To attempt an answer to this, MCIMail promotes a Swiss-based device
called the "Worldmodem." It's a VERY expensive piece of hardware that
has agreements for a number of nations and a rather expensive plug-in
you also buy to make it work ... you kind of rent its use in addition
to buying it.  What's nice about it is that the plug-ins are the PTT-
authorized "modular plug" for each nation.  For people traveling from
nation to nation, this is rather nice.
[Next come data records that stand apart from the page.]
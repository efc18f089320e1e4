-- ===== src/Runner/Pricing.antt =====
-- repogauge/runner/pricing.py: estimate_public_api_cost_usd. Prices are whole numbers of nanodollars
-- for one token, which the table's prices in dollars for a million tokens all are; costs are
-- nanodollars, where the source has floats.
pub mod Caching
mod Examples
use repogauge.Prelude.Text.{
  Text, codes, text_eq, text_eq_sound, text_eq_refl, strip_prefix, strip_prefix-append, starts_with,
  contains,
}
use repogauge.Prelude.{
  ℕ, zero, suc, ◌+◌, ◌-◌, ◌*◌, ◌/◌, ◌%◌, ◌≤◌, ◌<◌, String, ◌≡◌, refl, sym, ap, ◌∙◌, subst, ◌≢◌, ◌↔◌,
  ◌⊎◌, inl, inr, Bool, true, false, not, ◌&&◌, ◌||◌, Option, none, some, List, [], ◌∷◌, ◌++◌, map,
  arith, ◌==◌, eq_iff, eq_refl, ltb, leb, nat_eq, if◌then◌else◌, ltb→lt, lt→ltb, ltb→le, leb→le,
  le→leb, nat_eq→eq, nat_eq_refl, tests, Bool-cases, Option-cases, is_some, length, any, all, keep,
  is_empty, All, length-append, All-append, In, member, member→In, In→member, Dict, get, put,
  get-put, keys, branches_hold, taken_holds, member-keep, differ→≢,
}
use repogauge.Prelude.Int.{ℤ, pos, negsuc, pos_part}

-- The two forms of a row of MODEL_TOKEN_PRICING_USD_PER_MILLION.
pub data Pricing : Type 0 where
  cached_pricing : ℕ → ℕ → ℕ → Pricing
  write_pricing : ℕ → ℕ → ℕ → ℕ → ℕ → Pricing

abbrev opus : Pricing
opus = write_pricing 5000 500 6250 10000 25000

abbrev sonnet : Pricing
sonnet = write_pricing 3000 300 3750 6000 15000

-- MODEL_TOKEN_PRICING_USD_PER_MILLION
unfoldable pub model_token_pricing : Dict Pricing
model_token_pricing =
    ("gpt-5.4", cached_pricing 2500 250 15000)
    ∷ ("gpt-5.4-mini", cached_pricing 750 75 4500)
    ∷ ("gpt-5.4-nano", cached_pricing 200 20 1250)
    ∷ ("gpt-5", cached_pricing 1250 125 10000)
    ∷ ("gpt-5-mini", cached_pricing 250 25 2000)
    ∷ ("gpt-5-nano", cached_pricing 50 5 400)
    ∷ ("claude-opus-4.7", opus)
    ∷ ("claude-opus-4.6", opus)
    ∷ ("claude-opus-4.5", opus)
    ∷ ("claude-sonnet-4.6", sonnet)
    ∷ ("claude-sonnet-4.5", sonnet)
    ∷ ("claude-sonnet-4", sonnet)
    ∷ ("claude-haiku-4.5", write_pricing 1000 100 1250 2000 5000)
    ∷ ("kimi-k2p5", cached_pricing 600 100 3000)
    ∷ ("kimi-k2p5-turbo", cached_pricing 990 160 4940)
    ∷ []

-- The values of a usage payload: what `int` reads, what it does not read, and mappings of such.
pub data Count : Type 0 where
  tokens : ℤ → Count
  unread : Count

pub data UsageValue : Type 0 where
  count : Count → UsageValue
  details : Dict Count → UsageValue

abbrev pub Usage : Type 0
Usage = Dict UsageValue

-- _coerce_non_negative_int
abbrev pub coerce_non_negative_int : Option Count → ℕ
coerce_non_negative_int (some (tokens n)) = pos_part n
coerce_non_negative_int _ = 0

abbrev count_of : Option UsageValue → Option Count
count_of (some (count c)) = some c
count_of _ = none

-- _int_from_candidates
unfoldable pub int_from_candidates : Usage → List String → ℕ
int_from_candidates usage [] = 0
int_from_candidates usage (key ∷ keys) =
    let later = int_from_candidates usage keys in
    if is_some (get usage key) then coerce_non_negative_int (count_of (get usage key)) else later

-- _mapping
abbrev pub mapping : Option UsageValue → Dict Count
mapping (some (details d)) = d
mapping _ = []

abbrev is_truthy : Option UsageValue → Bool
is_truthy none = false
is_truthy (some (count (tokens (pos n)))) = ltb 0 n
is_truthy (some (count (tokens (negsuc n)))) = true
is_truthy (some (count unread)) = true
is_truthy (some (details d)) = not (is_empty d)

unfoldable pub input_tokens : Usage → ℕ
unfolding int_from_candidates
input_tokens usage =
    int_from_candidates usage
      ("input_tokens" ∷ "prompt_tokens" ∷ "input_token_count" ∷ "prompt_token_count" ∷ [])

unfoldable pub output_tokens : Usage → ℕ
unfolding int_from_candidates
output_tokens usage =
    int_from_candidates usage
      ("output_tokens" ∷ "completion_tokens" ∷ "output_token_count" ∷ "completion_token_count" ∷ [])

-- `max(a, b)`
abbrev pub larger : ℕ → ℕ → ℕ
larger a b = if ltb a b then b else a

unfoldable pub cached_input_tokens : Usage → ℕ
unfolding int_from_candidates
cached_input_tokens usage =
    let first = get usage "input_tokens_details" in
    let chosen = if is_truthy first then first else get usage "prompt_tokens_details" in
    larger
      (int_from_candidates usage
        ("cached_input_tokens" ∷ "input_cached_tokens" ∷ "cached_prompt_tokens" ∷ []))
      (coerce_non_negative_int (get (mapping chosen) "cached_tokens"))

-- The branch of the models with one price for cached input.
unfoldable pub cached_cost : ℕ → ℕ → ℕ → ℕ → ℕ → ℕ → Option ℕ
cached_cost input cached output input_count cached_count output_count =
    if leb input_count 0 && leb output_count 0
    then none
    else some ((input_count - cached_count) * input + cached_count * cached + output_count * output)

-- The tokens of the two tiers of cache writes: what the aggregate has beyond them counts as the first.
abbrev pub short_writes : ℕ → ℕ → ℕ → ℕ
short_writes creation short long = short + (creation - (short + long))

unfoldable pub write_cost : ℕ → ℕ → ℕ → ℕ → ℕ → ℕ → ℕ → ℕ → ℕ → ℕ → ℕ → Option ℕ
write_cost input read write_5m write_1h output input_count read_count creation short long
      output_count =
    if leb input_count 0 && leb output_count 0 && leb read_count 0 && leb creation 0
    then none
    else some (
        input_count * input
        + read_count * read
        + short_writes creation short long * write_5m
        + long * write_1h
        + output_count * output)

abbrev pub priced : Usage → Pricing → Option ℕ
priced usage (cached_pricing input cached output) =
    cached_cost input cached output (input_tokens usage) (cached_input_tokens usage)
      (output_tokens usage)
priced usage (write_pricing input read write_5m write_1h output) =
    let creation = mapping (get usage "cache_creation") in
    write_cost input read write_5m write_1h output (input_tokens usage)
      (int_from_candidates usage ("cache_read_input_tokens" ∷ []))
      (int_from_candidates usage ("cache_creation_input_tokens" ∷ []))
      (coerce_non_negative_int (get creation "ephemeral_5m_input_tokens"))
      (coerce_non_negative_int (get creation "ephemeral_1h_input_tokens")) (output_tokens usage)

abbrev pub priced_by : Usage → Option Pricing → Option ℕ
priced_by usage none = none
priced_by usage (some p) = priced usage p

-- estimate_public_api_cost_usd, for a model name that normalize_model_name has normalized
unfoldable pub estimate_public_api_cost : String → Usage → Option ℕ
estimate_public_api_cost normalized_model usage =
    priced_by usage (get model_token_pricing normalized_model)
Hotels even have them to rent
casually (at a VERY high rate) in some nations.

If you can find a cooperating partner with a local server that's with-
in local flat-rate calling range, then maters might be eased and
cheaper for you to avoid the transatlantic batching.  But if your
European nation is a fully-metered one (like Germany), watch out for
the local phone bill!

Whatever you do, send your person off with a bit of Radio Shack
modular extender receptacles (the kind used to plug two phone cors
together) a couple of spade lug-ended short modular cords and some
alligator clips, plus a couple of screwdrivers.

That way, when and while the bureaucracy is confusing the matter wiht
all sorts of delays to getting in business, your person can indulge in
a little simple "phreaking" that will find you can just clip onto an
analog phone line (Oh, be SURE to dial PULSE only ... no tone
dialing!) and get through till the smoke clears.
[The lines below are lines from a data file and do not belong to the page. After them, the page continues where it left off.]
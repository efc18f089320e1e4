-- ===== src/Runner/Pricing/Caching.antt =====
-- repogauge/runner/pricing.py: the bounds of an estimate.
use repogauge.Prelude.{
  ℕ, ◌+◌, ◌-◌, ◌*◌, ◌≤◌, String, ◌≡◌, ap, subst, inl, inr, some, [], ◌∷◌, arith, ◌==◌, Bool-cases,
  All, Dict, get, some_of_else,
}
use native.Mathlib.Nat.{mul-le-mul_left}
use repogauge.Runner.Pricing.{
  Pricing, cached_pricing, write_pricing, model_token_pricing, Usage, input_tokens, output_tokens,
  cached_input_tokens, cached_cost, write_cost, short_writes, larger, estimate_public_api_cost,
  int_from_candidates, coerce_non_negative_int, mapping,
}

-- Cached input is not dearer than other input, nor a short cache write than a long one.
abbrev IsFair : Pricing → Type 0
IsFair (cached_pricing input cached output) = cached ≤ input
IsFair (write_pricing input read write_5m write_1h output) = write_5m ≤ write_1h

table-IsFair : All (λ e. IsFair e.1) model_token_pricing
unfolding model_token_pricing
table-IsFair = (
  omega arith,
  (
    omega arith,
    (
      omega arith,
      (
        omega arith,
        (
          omega arith,
          (
            omega arith,
            (
              omega arith,
              (
                omega arith,
                (
                  omega arith,
                  (
                    omega arith,
                    (omega arith, (omega arith, (omega arith, (omega arith, (omega arith, tt))))),
                  ),
                ),
              ),
            ),
          ),
        ),
      ),
    ),
  ),
)

some_injective : {V : Type 0} (w v : V) → some w ≡ some v → w ≡ v
some_injective w v e = cc e

get-All :
    {V : Type 0} (P : V → Type 0) (d : Dict V) (k : String) (v : V)
    → All (λ e. P e.1) d
    → get d k ≡ some v
    → P v
get-All P [] k v h e = cc e
get-All P ((j, w) ∷ d) k v (h, hs) e = elim (Bool-cases (j == k)) [
  | inl same ↦ subst P (some_injective w v (rw same at e)) h
  | inr other ↦ get-All P d k v hs (rw other at e)
]

part_mul : (a b i : ℕ) → b ≤ a → (a - b) * i + b * i ≡ a * i
part_mul a b i h = let whole : (a - b) + b ≡ a = omega arith in omega (arith, ap (λ t. t * i) whole)

cached_cost-bounds :
    (input cached output input_count cached_count output_count n : ℕ)
    → cached ≤ input
    → cached_count ≤ input_count
    → cached_cost input cached output input_count cached_count output_count ≡ some n
    → (input_count * cached + output_count * output ≤ n)
      × (n ≤ input_count * input + output_count * output)
unfolding cached_cost
cached_cost-bounds i c o ic cc oc n fair less e =
    let cost = some_of_else _ ((ic - cc) * i + cc * c + oc * o) n e in
    (
      omega (arith, cost, part_mul ic cc c less, mul-le-mul_left (ic - cc) fair),
      omega (arith, cost, part_mul ic cc i less, mul-le-mul_left cc fair),
    )

write_cost-bounds :
    (input read write_5m write_1h output : ℕ)
    → write_5m ≤ write_1h
    → (input_count read_count creation short long output_count n : ℕ)
    → write_cost input read write_5m write_1h output input_count read_count creation short long
        output_count
      ≡ some n
    → (input_count * input
          + read_count * read
          + larger creation (short + long) * write_5m
          + output_count * output
        ≤ n)
      × (n
          ≤ input_count * input
            + read_count * read
            + larger creation (short + long) * write_1h
            + output_count * output)
unfolding write_cost
write_cost-bounds i r w5 w1 o fair ic rc creation short long oc n e =
    let cost =
      some_of_else _ (ic * i + rc * r + short_writes creation short long * w5 + long * w1 + oc * o)
        n e in
    let all_writes : short_writes creation short long + long ≡ larger creation (short + long) =
      ground arith in
    (
      omega (arith, cost, ap (λ t. t * w5) all_writes, mul-le-mul_left long fair),
      omega (
        arith,
        cost,
        ap (λ t. t * w1) all_writes,
        mul-le-mul_left (short_writes creation short long) fair,
      ),
    )

abbrev pub cache_reads : Usage → ℕ
cache_reads usage = int_from_candidates usage ("cache_read_input_tokens" ∷ [])

-- The tokens written to the cache, by the larger of the two reports.
abbrev pub cache_writes : Usage → ℕ
cache_writes usage =
    let creation = mapping (get usage "cache_creation") in
    larger (int_from_candidates usage ("cache_creation_input_tokens" ∷ [])) (
      coerce_non_negative_int (get creation "ephemeral_5m_input_tokens")
      + coerce_non_negative_int (get creation "ephemeral_1h_input_tokens"))

module _ (model : String) (usage : Usage) (n : ℕ) where
  -- For every model of the table with a price for cached input, and a usage whose cached input is part
  -- of its input: an estimate lies between the cost with all input cached and the cost with none.
  pub estimate_public_api_cost-cached :
      (input cached output : ℕ)
      → get model_token_pricing model ≡ some (cached_pricing input cached output)
      → cached_input_tokens usage ≤ input_tokens usage
      → estimate_public_api_cost model usage ≡ some n
      → (input_tokens usage * cached + output_tokens usage * output ≤ n)
        × (n ≤ input_tokens usage * input + output_tokens usage * output)
  unfolding estimate_public_api_cost
  estimate_public_api_cost-cached input cached output known less e =
      cached_cost-bounds input cached output _ _ _ n
        (get-All IsFair model_token_pricing model _ table-IsFair known) less (rw known at e)

  -- For every model of the table with prices for cache writes: an estimate lies between the costs with
  -- all written tokens in the short tier and in the long tier. The written tokens are the aggregate or
  -- the sum of the two tiers, whichever is larger, so none is left out and none is counted twice.
  pub estimate_public_api_cost-writes :
      (input read write_5m write_1h output : ℕ)
      → get model_token_pricing model ≡ some (write_pricing input read write_5m write_1h output)
      → estimate_public_api_cost model usage ≡ some n
      → (input_tokens usage * input
            + cache_reads usage * read
            + cache_writes usage * write_5m
            + output_tokens usage * output
          ≤ n)
        × (n
            ≤ input_tokens usage * input
              + cache_reads usage * read
              + cache_writes usage * write_1h
              + output_tokens usage * output)
  unfolding estimate_public_api_cost
  estimate_public_api_cost-writes input read write_5m write_1h output known e =
      write_cost-bounds input read write_5m write_1h output
        (get-All IsFair model_token_pricing model _ table-IsFair known) _ _ _ _ _ _ n
        (rw known at e)
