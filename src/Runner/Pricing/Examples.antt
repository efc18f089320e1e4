-- ===== src/Runner/Pricing/Examples.antt =====
-- repogauge/runner/pricing.py at small usages.
use repogauge.Prelude.{◌+◌, ◌*◌, ◌≤◌, refl, [], ◌∷◌, arith}
use repogauge.Prelude.Int.{pos}
use repogauge.Runner.Pricing.{
  Usage, count, tokens, details, estimate_public_api_cost, input_tokens, output_tokens,
  cached_input_tokens, model_token_pricing, int_from_candidates, cached_cost, write_cost,
}
use repogauge.Runner.Pricing.Caching.{
  cache_reads, cache_writes, estimate_public_api_cost-cached, estimate_public_api_cost-writes,
}

abbrev cached_usage : Usage
cached_usage =
    ("input_tokens", count (tokens (pos 100)))
    ∷ ("output_tokens", count (tokens (pos 10)))
    ∷ ("cached_input_tokens", count (tokens (pos 40)))
    ∷ []

estimated : Unit {0}
unfolding estimate_public_api_cost model_token_pricing input_tokens output_tokens
    cached_input_tokens cached_cost write_cost int_from_candidates
estimated = tt

estimate_public_api_cost-cached_example :
    (input_tokens cached_usage * 125 + output_tokens cached_usage * 10000 ≤ 180000)
    × (180000 ≤ input_tokens cached_usage * 1250 + output_tokens cached_usage * 10000)
unfolding estimated
estimate_public_api_cost-cached_example =
    estimate_public_api_cost-cached "gpt-5" cached_usage 180000 1250 125 10000 refl (omega arith)
      refl

abbrev written_usage : Usage
written_usage =
    ("input_tokens", count (tokens (pos 100)))
    ∷ ("cache_creation_input_tokens", count (tokens (pos 50)))
    ∷ ("cache_creation", details (("ephemeral_1h_input_tokens", tokens (pos 20)) ∷ []))
    ∷ []

estimate_public_api_cost-writes_example :
    (input_tokens written_usage * 3000
        + cache_reads written_usage * 300
        + cache_writes written_usage * 3750
        + output_tokens written_usage * 15000
      ≤ 532500)
    × (532500
        ≤ input_tokens written_usage * 3000
          + cache_reads written_usage * 300
          + cache_writes written_usage * 6000
          + output_tokens written_usage * 15000)
unfolding estimated
estimate_public_api_cost-writes_example =
    estimate_public_api_cost-writes "claude-sonnet-4" written_usage 532500 3000 300 3750 6000 15000
      refl refl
For all the great talk promised, many people find some "phreaking" is
needed if you really mean to get through ... at least for a while.

If you can find a local corespondent with a server, they usually can
find someone local who's quite adept at "getting things done," by some
"phreaking" or otherwise.  But send you person hardware-equipped, as
the largest signle problem can be getting the matching U.S. modular
plugs amd cords for the modem connections.  (Sometimes there are minor
advantages if you travel to underdeveloped nations.  There, you just
get a hookup of whatever you brought and you blast away.  Those
nations have neither the people to police nor the office to harass
you.)

If you want to go off using the "prepared packet-access offering" of
one of the U.S. E-Mail carriers, fine, but it risks not getting up as
fast as you're led to believe and costing you quite a bit.  Just like
here, the "advice" of local Telco "experts" `is often confusing and
contradictory ... and almost certainly expensive!